De modo que volvió a intentarlo:
—Me parece muy bien eso de darle la vuelta a este asunto —dijo.
Killian sonrió:
—Mr. McCoy, me parece que duda de mí —dijo, pasando a tratarle de usted—. Pues bien, he de darle una noticia. Muchas noticias. —Pulsó un botón del interfono—. Oye, Nina. Dile a Quigley que pase. Dile que Mr. McCoy ya ha llegado. —A Sherman—: Ed Quigley es nuestro detective. Ya le hablé de él. Es el tipo que utilizamos para los Casos Importantes.
Un hombre alto y calvo apareció en el umbral. Era el mismo al que Sherman vio en la deslumbrante sala de espera el día de su primera visita. Una cartuchera con un revólver en la cadera izquierda. Camisa blanca, pero sin corbata. Arremangado, dejando al aire libre unas muñecas y unas manos enormes. Sostenía un sobre de papel manila en la mano izquierda. Era uno de esos hombres altos y angulosos, muy huesudos, que a los cincuenta años tienen un aspecto mucho más fuerte y amenazador que a los veinticinco. Parecía que tuviera los ojos profundamenre hundidos en sus cráteres occipitales.
—Ed —dijo Killian—, te presento a Mr. McCoy.
Sherman saludó morosamente con la cabeza.
—Encantado de conocerle —le dijo el recién llegado. Miró a Sherman con la misma mirada muerta que la primera vez.
—¿Traes la foto? —dijo Killian.
Quigley sacó del sobre un pedazo de papel, y se lo dio a Killian, que se lo pasó a Sherman.
—Es una fotocopia, pero costó… No voy a decir lo que costó obtenerla. ¿Le reconoce?
Unas instantáneas, de frente y de perfil, de un negro, con unos números al pie. Rasgos cuadrados, cuello fortísimo.
—Parece él —suspiró Sherman—. El otro chico, el gigante, el que me preguntó si necesitaba ayuda.
—Es un delincuente de poca monta. Se llama Roland Auburn. Vive en los bloques Poe. Ahora mismo se encuentra en Rikers Island, esperando a ver qué ocurre. Es su cuarta detención por asuntos de drogas. Es evidente que ha hecho un trato con el fiscal, a cambio de dar testimonio contra usted.
—Y a cambio de mentir.
—Lo cual no significa una violación de los principios por los cuales se ha regido de momento la vida de Mr. Roland Auburn —dijo Killian.
—¿Cómo se enteró de esto?
Killian sonrió y señaló a Quigley:
—Ed tiene muchos amigos en la policía, y muchos de los mejores agentes le deben favores.

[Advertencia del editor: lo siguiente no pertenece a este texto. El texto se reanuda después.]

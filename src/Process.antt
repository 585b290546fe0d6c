-- ===== src/Process.antt =====
-- ngx_rpc_module/ngx_rpc_process.c: the processes that run the RPC methods. Their configuration
-- (which shared zone there is, and how many notifies), and their cycle: drain the pending tasks,
-- then offer the process as idle. The results of calls into nginx are arguments.
pub mod Cycle
pub mod Relink
pub mod Zones
use nginx_rpc.Common.{
  ℕ, zero, suc, ◌+◌, ◌-◌, ◌*◌, ◌^◌, Bool, true, false, not, Option, none, some, List, [], ◌∷◌, ◌++◌,
  if◌then◌else◌, ◌==◌, put,
}
use nginx_rpc.Common.Int.{ℤ, pos, negsuc, pos_part, gt}
use nginx_rpc.Ring.{idles, idle}
use nginx_rpc.Ring.Push.{link_front}
use nginx_rpc.Memory.{
  Status, ok, error, Outcome, done, fault, ◌>>=◌, deref, Callback, one_cycle, Task, Closure, Memory,
  QueueMacros, set_notify, set_links,
}
use nginx_rpc.Notify
use nginx_rpc.Drain.{Body, drain}
use nginx_rpc.RpcQueue
use nginx_rpc.RpcQueue.{RpcQueue, Answers}

-- `ngx_proc_rpc_conf_t`; `shpool` is the address of the shared pool.
pub record Conf : Type 0 where
  pub shpool : Option ℕ
  pub queue : Option RpcQueue
  pub notify : Option ℕ
  pub shm_size : ℕ

-- NGX_CONF_UNSET_UINT, all ones in an `ngx_uint_t` of 64 bits.
abbrev pub unset_uint : ℕ
unset_uint = 2 ^ 64 - 1

-- A configuration with the sizes of the zones that ngx_shared_memory_add was asked for.
pub record Setup : Type 0 where
  pub conf : Conf
  pub zones : List ℕ

-- ngx_proc_rpc_create_loc_conf, on what ngx_pcalloc returns.
unfoldable pub create_loc_conf : (allocated : Bool) → Option Setup
create_loc_conf false = none
create_loc_conf true = some (record {
  conf = record { shpool = none; queue = none; notify = none; shm_size = unset_uint };
  zones = [];
})

-- Set the size, register the zone; `zone` tells whether ngx_shared_memory_add returns one, and a
-- missing zone is written through all the same.
unfoldable pub add_zone : (size : ℕ) (zone : Bool) → Setup → Outcome Setup
add_zone size true s =
    done (record { conf = record (s.conf) { shm_size = size }; zones = s.zones ++ size ∷ [] })
add_zone size false s = fault

-- `size == NGX_ERROR`
abbrev pub is_error : ℤ → Bool
is_error (negsuc zero) = true
is_error (negsuc (suc k)) = false
is_error (pos n) = false

-- ngx_proc_rpc_set_shm_size, on what ngx_parse_size returns: NGX_CONF_ERROR is `error`.
unfoldable pub set_shm_size :
    (size : ℤ) (pagesize : ℕ) (zone : Bool) → Setup → Outcome (Status × Setup)
unfolding add_zone
set_shm_size size pagesize zone s =
    if is_error size
    then done (error, s)
    else if gt (pos (8 * pagesize)) size
    then done (error, s)
    else (add_zone (pos_part size) zone s >>= λ s'. done (ok, s'))

-- ngx_proc_rpc_merge_loc_conf: the default size, unless one was set.
unfoldable pub merge_loc_conf : (zone : Bool) → Setup → Outcome (Status × Setup)
unfolding add_zone
merge_loc_conf zone s =
    if not (s.conf.shm_size == unset_uint)
    then done (ok, s)
    else (add_zone (4096 * 1024 * 256) zone s >>= λ s'. done (ok, s'))

-- ngx_proc_rpc_init_zone: `old` is the configuration of the cycle before, on a reload; `addr` is
-- where the zone is mapped.
unfoldable pub init_zone : (addr : ℕ) (old : Option Conf) → Conf → Status × Conf
init_zone addr (some old) c =
    if not (c.shm_size == old.shm_size) then (error, c) else (ok, record c { shpool = old.shpool })
init_zone addr none c = (ok, record c { shpool = some addr })

-- The loop of ngx_proc_rpc_master_init over the process groups of the configuration.
unfoldable pub add_counts : ℕ → List ℕ → ℕ
add_counts total [] = total
add_counts total (count ∷ counts) = add_counts (total + count) counts

-- The number of notifies: the workers, or a worker for each cpu, and the configured processes.
unfoldable pub notify_num : (workers : ℤ) (ncpu : ℕ) (counts : List ℕ) → ℕ
unfolding add_counts
notify_num workers ncpu counts =
    add_counts (if gt workers (pos 0) then pos_part workers else ncpu) counts

-- What the allocator and ngx_shmtx_create answer during one ngx_rpc_queue_create.
pub record QueueAnswers : Type 0 where
  pub fresh : Option ℕ
  pub lock : Bool
  pub slots : Option ℕ
  pub notifies : ℕ → Answers

module _ (queue : QueueMacros) where
  -- ngx_proc_rpc_master_init
  unfoldable pub master_init :
      (workers : ℤ) (ncpu : ℕ) (counts : List ℕ)
      → QueueAnswers
      → Option Conf
      → Memory
      → Outcome (Status × Option Conf × Memory)
  unfolding notify_num
  master_init workers ncpu counts a none m = done (ok, none, m)
  master_init workers ncpu counts a (some c) m =
      RpcQueue.create queue a.fresh a.lock a.slots a.notifies (notify_num workers ncpu counts) m
      >>= λ created. done (ok, some (record c { queue = created.0 }), created.1)

  -- ngx_proc_rpc_process_one_cycle, on the configuration that is its context. `run` is the call
  -- of a task's closure.
  unfoldable pub process_one_cycle :
      (run : Closure → Body) (fuel : ℕ) → Conf → Memory → Outcome (List ℕ × Memory)
  process_one_cycle run fuel c m = do
    n ← deref c.notify
    (ran, m1) ← drain queue (λ t m'. run (m'.task t).closure t m') fuel n m
    q ← deref c.queue
    done (ran, set_links (link_front idles (idle n) m1.links) m1)

-- ngx_proc_rpc_master_exit
unfoldable pub master_exit : Option Conf → Memory → Outcome Memory
master_exit none m = done m
master_exit (some c) m = do q ← deref c.queue; RpcQueue.destroy q m

-- ngx_proc_rpc_process_init. Without a configuration its log message reads one all the same.
-- `self` is the number of the configuration, the context of the handlers.
unfoldable pub process_init :
    (slot last : ℤ) (conn : Option ℕ) (added : Bool) (self : ℕ)
    → Option Conf
    → Memory
    → Outcome (Status × Option Conf × Memory)
process_init slot last conn added self none m = fault
process_init slot last conn added self (some c) m = do
  q ← deref c.queue
  (notify, m1) ← RpcQueue.add_current_consumer slot last conn added q self m
  elim notify [
    | none ↦ done (error, some (record c { notify = none }), m1)
    | some n ↦ done (
      ok,
      some (record c { notify = some n }),
      set_notify n
          (record (m1.notify n) { ctx = self; read_handler = one_cycle; write_handler = one_cycle })
          m1,
    )
  ]

-- ngx_proc_rpc_process_exit
unfoldable pub process_exit : Option Conf → Memory → Outcome Memory
process_exit conf m = do c ← deref conf; (status, m') ← Notify.unregister c.notify m; done m'
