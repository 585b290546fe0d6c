-- ===== src/Process/Cycle.antt =====
-- One cycle of a process, on the view of the shared rings.
use nginx_rpc.Common.{
  ℕ, ◌<◌, ◌≡◌, refl, true, sym, subst, ap, ◌∙◌, some, List, [], ◌∷◌, length, NotIn,
}
use nginx_rpc.Ring.{Links, idles, idle}
use nginx_rpc.Ring.Push.{link_front}
use nginx_rpc.Memory.{done, Closure, Memory, QueueMacros, set_links}
use nginx_rpc.Drain.{Body}
use nginx_rpc.Drain.Order.{
  Action, Acts, drained, drain-drained, drained-pending, drained-idle, drained-live,
}
use nginx_rpc.RpcQueue.{RpcQueue}
use nginx_rpc.RpcQueue.View.{View, Represents, with_idle}
use nginx_rpc.RpcQueue.Dispatch.{link_front-Represents}
use nginx_rpc.Process.{Conf, process_one_cycle}

-- The loop body of a cycle: the task's closure, called.
abbrev pub closure_body : (Closure → Body) → Body
closure_body run t m = run (m.task t).closure t m

-- The view after a cycle of process `n`: its tasks are run, and it is offered as idle.
abbrev pub cycled : Action → ℕ → View → View
cycled act n v = let v' = drained act n (v.pending n) v in with_idle (n ∷ v'.idle) v'

module _ (Inv : Memory → View → Type 0) (queue : QueueMacros) (run : Closure → Body) (act : Action)
    (n : ℕ) (acts : Acts Inv (closure_body run) act n) where
  -- The cycle is the drain and the link.
  pub cycle-drained :
      (fuel : ℕ) (c : Conf) (q : RpcQueue) (m : Memory) (v : View) (ts : List ℕ)
      → c.notify ≡ some n
      → c.queue ≡ some q
      → Represents m.links v
      → Inv m v
      → v.live n ≡ true
      → v.pending n ≡ ts
      → length ts < fuel
      → (m1 : Memory) × (process_one_cycle queue run fuel c m
          ≡ done (ts, set_links (link_front idles (idle n) m1.links) m1))
        × Represents m1.links (drained act n ts v)
        × Inv m1 (drained act n ts v)
  unfolding process_one_cycle
  cycle-drained fuel c q m v ts en eq r inv is e enough =
      let (m1, ran, r1, inv1) =
        drain-drained Inv queue (closure_body run) act n fuel m v ts acts r inv is e enough in
      (m1, rw (en, ran, eq), r1, inv1)

  -- The view that a cycle of a process that is not offered yet leaves.
  pub linked-Represents :
      {l : Links} (v : View)
      → Represents l (drained act n (v.pending n) v)
      → v.live n ≡ true
      → NotIn n v.idle
      → Represents (link_front idles (idle n) l) (cycled act n v)
        × ((cycled act n v).pending n ≡ [])
        × ((cycled act n v).live n ≡ true)
  linked-Represents v r1 is out =
      let v1 = drained act n (v.pending n) v in
      let live : v1.live n ≡ true =
        ap (λ f. f n) (drained-live Inv (closure_body run) act n (v.pending n) v acts) ∙ is in
      let free : NotIn n v1.idle =
        subst (NotIn n) (sym (drained-idle Inv (closure_body run) act n (v.pending n) v acts))
          out in
      (
        link_front-Represents v1 n live free r1,
        drained-pending Inv (closure_body run) act n (v.pending n) v acts refl,
        live,
      )

  -- A process that is not offered yet, whose bodies act on the rings as `act` says, with more fuel
  -- than tasks that wait: the cycle ends, having run all its tasks, oldest first, and the process is
  -- then the first idle one; the rings stay rings, and its own is empty.
  pub cycle-Represents :
      (fuel : ℕ) (c : Conf) (q : RpcQueue) (m : Memory) (v : View)
      → c.notify ≡ some n
      → c.queue ≡ some q
      → Represents m.links v
      → Inv m v
      → v.live n ≡ true
      → NotIn n v.idle
      → length (v.pending n) < fuel
      → (m' : Memory) × (process_one_cycle queue run fuel c m ≡ done (v.pending n, m'))
        × Represents m'.links (cycled act n v)
        × ((cycled act n v).pending n ≡ [])
  cycle-Represents fuel c q m v en eq r inv is out enough =
      let (m1, ran, r1, inv1) =
        cycle-drained fuel c q m v (v.pending n) en eq r inv is refl enough in
      let (r2, empty, live) = linked-Represents v r1 is out in
      (set_links (link_front idles (idle n) m1.links) m1, ran, r2, empty)
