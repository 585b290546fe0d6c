-- ===== src/Process/Relink.antt =====
-- A process that is offered as idle while it is offered already: ngx_proc_rpc_process_one_cycle
-- links the node `notify->idles` in without a test, and ngx_rpc_notify_read_handler runs it after
-- every read of the eventfd, the failing one included.
use nginx_rpc.Common.{
  ℕ, suc, ◌<◌, ◌≡◌, ◌≢◌, refl, true, sym, subst, ◌∙◌, Bool-cases, inl, inr, some, List, [], ◌∷◌,
  ◌++◌, append-nil, append_assoc, Apart, Distinct, NotIn-append, map, length, NotIn, arith,
}
use nginx_rpc.Common.Int.{pos, negsuc, is_positive}
use nginx_rpc.Ring.{Node, Links, idles, idle, head, task}
use nginx_rpc.Ring.Frame.{SameOutside}
use nginx_rpc.Ring.Chain.{IsRing, Chain-prev, ne-last}
use nginx_rpc.Ring.Push.{link_front, link_tail, link_tail-SameOutside}
use nginx_rpc.Memory.{
  Status, ok, Outcome, done, fault, set_links, Closure, default_handler, one_cycle, ◌>>=◌, Memory,
  QueueMacros,
}
use nginx_rpc.RpcQueue.{RpcQueue, take_idle, push_and_notify}
use nginx_rpc.RpcQueue.View.{View, Represents, with_idle, NotIn-task_nodes, Pending-frame_idle}
use nginx_rpc.RpcQueue.Dispatch.{handed}
use nginx_rpc.Notify.{Handler, push_task, read_loop}
use nginx_rpc.Notify.Fifo.{Pending, push_task-Pending}
use nginx_rpc.Drain.{Body}
use nginx_rpc.Drain.Order.{Action, Acts, drained}
use nginx_rpc.Process.{Conf, process_one_cycle}
use nginx_rpc.Process.Cycle.{closure_body, cycled, cycle-drained, linked-Represents}

-- The idle ring begins with `n`, whose `next` is itself, and does not look empty.
pub record Stuck (l : Links) (n : ℕ) : Type 0 where
  pub first : l.next idles ≡ idle n
  pub loop : l.next (idle n) ≡ idle n
  pub filled : l.prev idles ≢ idles

-- Linked in again, the first node of the ring points to itself.
pub relink-Stuck :
    {l : Links} {xs : List Node} (n : ℕ)
    → IsRing l idles (idle n ∷ xs)
    → Stuck (link_front idles (idle n) l) n
unfolding link_front
relink-Stuck {l} {xs} n r = record {
  first = ground arith;
  loop = ground (arith, r.chain.0);
  filled = ground (
    arith,
    r.chain.0,
    Chain-prev l idles (idle n ∷ xs) idles r.chain,
    ne-last idles (idle n) xs r.distinct.0.0 r.distinct.0.1,
  );
}

pub take_idle-Stuck : {l : Links} (n : ℕ) → Stuck l n → Stuck (take_idle (idle n) l) n
unfolding take_idle
take_idle-Stuck n s = record {
  first = ground (arith, s.loop);
  loop = ground (arith, s.loop);
  filled = ground (arith, s.loop, s.filled);
}

-- A push to a queue of tasks touches no pointer of the idle ring.
link_tail-Stuck :
    {l : Links} {ts : List Node} (k t n : ℕ)
    → IsRing l (head k) ts
    → NotIn (idle n) ts
    → NotIn idles ts
    → Stuck l n
    → Stuck (link_tail (head k) (task t) l) n
link_tail-Stuck {l} k t n r out outer s =
    let same_n = link_tail-SameOutside (task t) r (idle n) ((λ e. cc), ((λ e. cc), out)) in
    let same_idles = link_tail-SameOutside (task t) r idles ((λ e. cc), ((λ e. cc), outer)) in
    record {
      first = same_idles.0 ∙ s.first;
      loop = same_n.0 ∙ s.loop;
      filled = λ e. s.filled (sym same_idles.1 ∙ e);
    }

-- The tasks of a list, handed over one after the other; the statuses of the calls.
pub dispatch_all : QueueMacros → List ℕ → Memory → Outcome (List Status × Memory)
dispatch_all queue [] m = done ([], m)
dispatch_all queue (t ∷ ts) m = push_and_notify queue t m >>= λ r.
    dispatch_all queue ts r.1 >>= λ rest. done (r.0 ∷ rest.0, rest.1)

push_and_notify-Stuck :
    (queue : QueueMacros) (m : Memory) (t n : ℕ)
    → Stuck m.links n
    → push_and_notify queue t m ≡ done (ok, handed n t m)
unfolding push_and_notify push_task
push_and_notify-Stuck queue m t n s = elim (Bool-cases (queue.empty idles m.links)) [
  | inl e ↦ absurd (s.filled ((queue.empty_iff idles m.links).0 e))
  | inr e ↦ rw (e, s.first)
]

take_idle-SameOutside :
    {l : Links} (n : ℕ) → Stuck l n → SameOutside (idles ∷ idle n ∷ []) l (take_idle (idle n) l)
unfolding take_idle
take_idle-SameOutside n s a out = ground (arith, s.loop)

handed-Stuck :
    (m : Memory) (t n : ℕ) (us : List ℕ)
    → NotIn t us
    → Stuck m.links n
    → Pending m.links n us
    → Stuck (handed n t m).links n × Pending (handed n t m).links n (us ++ t ∷ [])
unfolding push_task
handed-Stuck m t n us out s p =
    let l1 = take_idle (idle n) m.links in
    let p1 : Pending l1 n us = Pending-frame_idle (n ∷ []) (take_idle-SameOutside n s) p in
    (
      link_tail-Stuck n t n p1.ring (NotIn-task_nodes (idle n) us (λ u e. cc))
          (NotIn-task_nodes idles us (λ u e. cc)) (take_idle-Stuck n s),
      push_task-Pending (set_links l1 m) t out p1,
    )

-- Once a process is stuck in front of the idle ring, tasks that are all different and do not wait
-- at it yet, handed over one after the other, all succeed and all go to it, in order.
pub dispatch_all-Stuck :
    (queue : QueueMacros) (n : ℕ) (ts us : List ℕ) (m : Memory)
    → Stuck m.links n
    → Pending m.links n us
    → Distinct ts
    → Apart ts us
    → (m' : Memory) × (dispatch_all queue ts m ≡ done (map (λ _. ok) ts, m'))
      × Pending m'.links n (us ++ ts)
unfolding dispatch_all
dispatch_all-Stuck queue n [] us m s p d apart = (m, refl, rw (append-nil us) p)
dispatch_all-Stuck queue n (t ∷ ts) us m s p d apart =
    let (s1, p1) = handed-Stuck m t n us apart.0 s p in
    let (m', run, p') =
      dispatch_all-Stuck queue n ts (us ++ t ∷ []) (handed n t m) s1 p1 d.1
        (Apart-append ts us t d.0 apart.1) in
    (
      m',
      rw (push_and_notify-Stuck queue m t n s, run),
      subst (Pending m'.links n) (append_assoc us (t ∷ []) ts) p',
    )
  where
    Apart-append : (xs ys : List ℕ) (t : ℕ) → NotIn t xs → Apart xs ys → Apart xs (ys ++ t ∷ [])
    Apart-append [] ys t out h = tt
    Apart-append (x ∷ xs) ys t out h =
        (NotIn-append x ys (t ∷ []) h.0 (λ e. out.0 (sym e), tt), Apart-append xs ys t out.1 h.1)

is_positive-suc : (k : ℕ) → is_positive (pos (suc k)) ≡ true
is_positive-suc k = ground arith

-- What the event handlers of a process call: its cycle.
pub cycle_handler : QueueMacros → (Closure → Body) → (fuel : ℕ) → Conf → Handler
cycle_handler queue run fuel c one_cycle ctx m =
    process_one_cycle queue run fuel c m >>= λ r. done r.1
cycle_handler queue run fuel c default_handler ctx m = done m
cycle_handler queue run fuel c _ ctx m = fault

module _ (Inv : Memory → View → Type 0) (queue : QueueMacros) (run : Closure → Body) (act : Action)
    (n : ℕ) (acts : Acts Inv (closure_body run) act n) where
  -- A wake-up of a process that is not offered yet, whose bodies act on the rings as `act` says and
  -- keep the cycle as its handler, as linking the process in does, with more fuel than waiting
  -- tasks: the eventfd is read once with success and once without. The handler runs two cycles,
  -- the first with all waiting tasks, the second with none, and ends; the process is then stuck in
  -- front of the idle ring.
  pub wakeup-Stuck :
      (fuel k : ℕ) (c : Conf) (q : RpcQueue) (m : Memory) (v : View)
      → c.notify ≡ some n
      → c.queue ≡ some q
      → Represents m.links v
      → Inv m v
      → v.live n ≡ true
      → NotIn n v.idle
      → length (v.pending n) < fuel
      → ((m1 : Memory) (u : View) → Inv m1 u → (m1.notify n).read_handler ≡ one_cycle)
      → ((l : Links) (m1 : Memory) (u : View)
          → Inv m1 u
          → Inv (set_links l m1) (with_idle (n ∷ u.idle) u))
      → (m1 : Memory) × (m' : Memory) × (process_one_cycle queue run fuel c m
          ≡ done (v.pending n, m1))
        × (process_one_cycle queue run fuel c m1 ≡ done ([], m'))
        × (read_loop (cycle_handler queue run fuel c) n (pos (suc k) ∷ negsuc 0 ∷ []) m ≡ done m')
        × Stuck m'.links n
  unfolding read_loop cycle_handler
  wakeup-Stuck fuel k c q m v en eq r inv is out enough handler offers =
      let v1 = drained act n (v.pending n) v in
      let v2 = cycled act n v in
      let (m1, ran1, r1, inv1) =
        cycle-drained Inv queue run act n acts fuel c q m v (v.pending n) en eq r inv is refl
          enough in
      let (r2, empty, live) = linked-Represents Inv queue run act n acts v r1 is out in
      let l1 = link_front idles (idle n) m1.links in
      let inv2 : Inv (set_links l1 m1) v2 = offers l1 m1 v1 inv1 in
      let (m2, ran2, r3, inv3) =
        cycle-drained Inv queue run act n acts fuel c q (set_links l1 m1) v2 [] en eq r2 inv2 live
          empty (omega arith) in
      (
        set_links l1 m1,
        set_links (link_front idles (idle n) m2.links) m2,
        ran1,
        ran2,
        rw (handler m v inv, ran1, is_positive-suc k, handler (set_links l1 m1) v2 inv2, ran2),
        relink-Stuck n r3.idle_ring,
      )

Quigley se limitó a hacer un leve puchero con los labios.
—¿Ha sido detenido alguna vez este chico —dijo Sherman— por atraco… o por la clase de truco que me hizo a mí?
—¿Por salteador de caminos? —dijo Killian, que, inmediatamente, se rió de su propia frase—. No se me había ocurrido nunca, pero eso es, ni más ni menos. Salteador de caminos. ¿No te parece, Ed?
—Quizá.
—Pues no, que nosotros sepamos —dijo Killian—, pero vamos a investigar muchas más cosas sobre ese hijoputa. Todo el mundo sabe que la carne de presidio está dispuesta a testificar lo que sea, ¡y ésa es toda la base que tiene Weiss para llevar adelante la acusación! ¡Es lo único que utilizó para detenerle a usted!
Killian hizo un gesto de incredulidad, de incredulidad y asco, y estuvo unos momentos sacudiendo la cabeza. Incomprensiblemente, Sherman se sintió agradecido por ese rasgo. Era la primera vez que alguien le daba indicios de estar dispuesto sinceramente a absolverle.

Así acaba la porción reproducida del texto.